La situation devient critique dans le nord de Londres. Battu dimanche par Fulham (1-2) — une rencontre marquée par la performance des internationaux nigérians Calvin Bassey et Alex Iwobi dans le camp adverse —, Tottenham ne compte plus que quatre points d’avance sur la zone de relégation. Une précarité comptable qui a provoqué une réaction épidermique d’Igor Tudor dans le vestiaire, mais qui n’entame pas sa conviction avant la réception cruciale de Crystal Palace ce jeudi.

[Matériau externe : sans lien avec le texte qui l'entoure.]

-- ===== src/FromDiscord.antt =====
-- src/bridge.rs: a message from Discord is a command or is relayed.
pub mod Outcome
mod Tests
use matrix_bridge_discord.Prelude.{
  List, [], String, Bool, true, Option, none, some, if◌then◌else◌, is_some, ok, err, Result, ℤ,
}
use matrix_bridge_discord.DiscordCommand
use matrix_bridge_discord.Provisioning.{ApprovalResponseStatus}
use matrix_bridge_discord.BridgeLogic.{RoomMapping}
use matrix_bridge_discord.Rooms.{Options}
use matrix_bridge_discord.Rooms.Store.{RoomStore}
use matrix_bridge_discord.Rooms.Tasks.{Outside, World, Task, give, ◌>>=◌, query}
use matrix_bridge_discord.Messages.Store.{MessageStore}
use matrix_bridge_discord.Messages.{
  DiscordMessageContext, MessageOptions, send_to_matrix_message, relay_discord_message,
}
use matrix_bridge_discord.Moderation.{handle_discord_command_outcome}

module _ {S : Type 0} (rooms : RoomStore S) (messages : MessageStore S)
    (mark_approval : S → String → Bool → ApprovalResponseStatus × S) (to_string : ℤ → String)
    (format_for_matrix : String → String) (outside : Outside S) (options : Options)
    (message_options : MessageOptions) where
  abbrev pub relay_if_bridged : DiscordMessageContext → Option RoomMapping → Task S (Unit {0})
  relay_if_bridged ctx none = give tt
  relay_if_bridged ctx (some m) =
      relay_discord_message rooms messages outside format_for_matrix message_options ctx m

  abbrev pub carry_out : DiscordMessageContext → Option RoomMapping → Task S (Unit {0})
  carry_out ctx mapping =
      handle_discord_command_outcome rooms mark_approval to_string outside options ctx.channel_id
        ctx.sender_id (DiscordCommand.handle ctx.content (is_some mapping) ctx.permissions) mapping

  unfoldable pub handle_discord_message_with_context : DiscordMessageContext → Task S (Unit {0})
  handle_discord_message_with_context ctx = do
    mapping ← query (λ s. rooms.get_room_by_discord_channel s ctx.channel_id)
    if DiscordCommand.is_command ctx.content
        then carry_out ctx mapping
        else relay_if_bridged ctx mapping

  unfoldable pub handle_discord_message : String → String → String → Task S (Unit {0})
  handle_discord_message channel_id sender content = handle_discord_message_with_context (record {
    channel_id = channel_id;
    source_message_id = none;
    sender_id = sender;
    content = content;
    attachments = [];
    reply_to = none;
    edit_of = none;
    permissions = [];
  })

  unfoldable pub send_to_matrix : String → String → String → Task S (Unit {0})
  send_to_matrix room sender content = do
    event ←
        send_to_matrix_message rooms messages outside room sender
          (record { body = content; reply_to = none; edit_of = none; attachments = [] })
    give tt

Le technicien croate ne s’en cache pas : le débriefing a été houleux. « En colère et déçu », selon ses propres termes rapportés par Hayters. Pour l’entraîneur des Spurs, cette frustration n’est pas un aveu de faiblesse, mais un outil de management indispensable. « Vous n’avez pas besoin d’être le gars qui arrive, dit que tout est parfait, sourit et où rien ne se passe », a-t-il martelé. L’objectif était clair : envoyer un message immédiat au groupe pour refuser l’acceptation de la défaite.
Cependant, derrière ce discours de fermeté, Tudor identifie une raison structurelle précise pour justifier son optimisme. Selon lui, la crise actuelle est mathématiquement liée à une infirmerie surchargée qui commence enfin à se vider. « Toutes les équipes de Premier League seraient en difficulté sans sept, huit ou dix joueurs », analyse-t-il pour défendre son bilan.
C’est là que réside la clé de la potentielle remontée : le retour programmé de cinq cadres. Après la réapparition de Pedro Porro lors du dernier match, Tudor attend désormais l’intégration imminente de Kevin Danso, Cristian Romero, Destiny Udogie et Djed Spence. « C’est la chose principale qui me rend positif et me fait croire que nous allons y arriver », assure l’entraîneur. Pour lui, l’énergie et la qualité technique de l’équipe dépendent mécaniquement de ces réintégrations. En attendant que cet effectif soit de nouveau au complet, Tottenham n’a d’autre choix que de bricoler pour s’éloigner de la zone rouge, dès jeudi soir à domicile.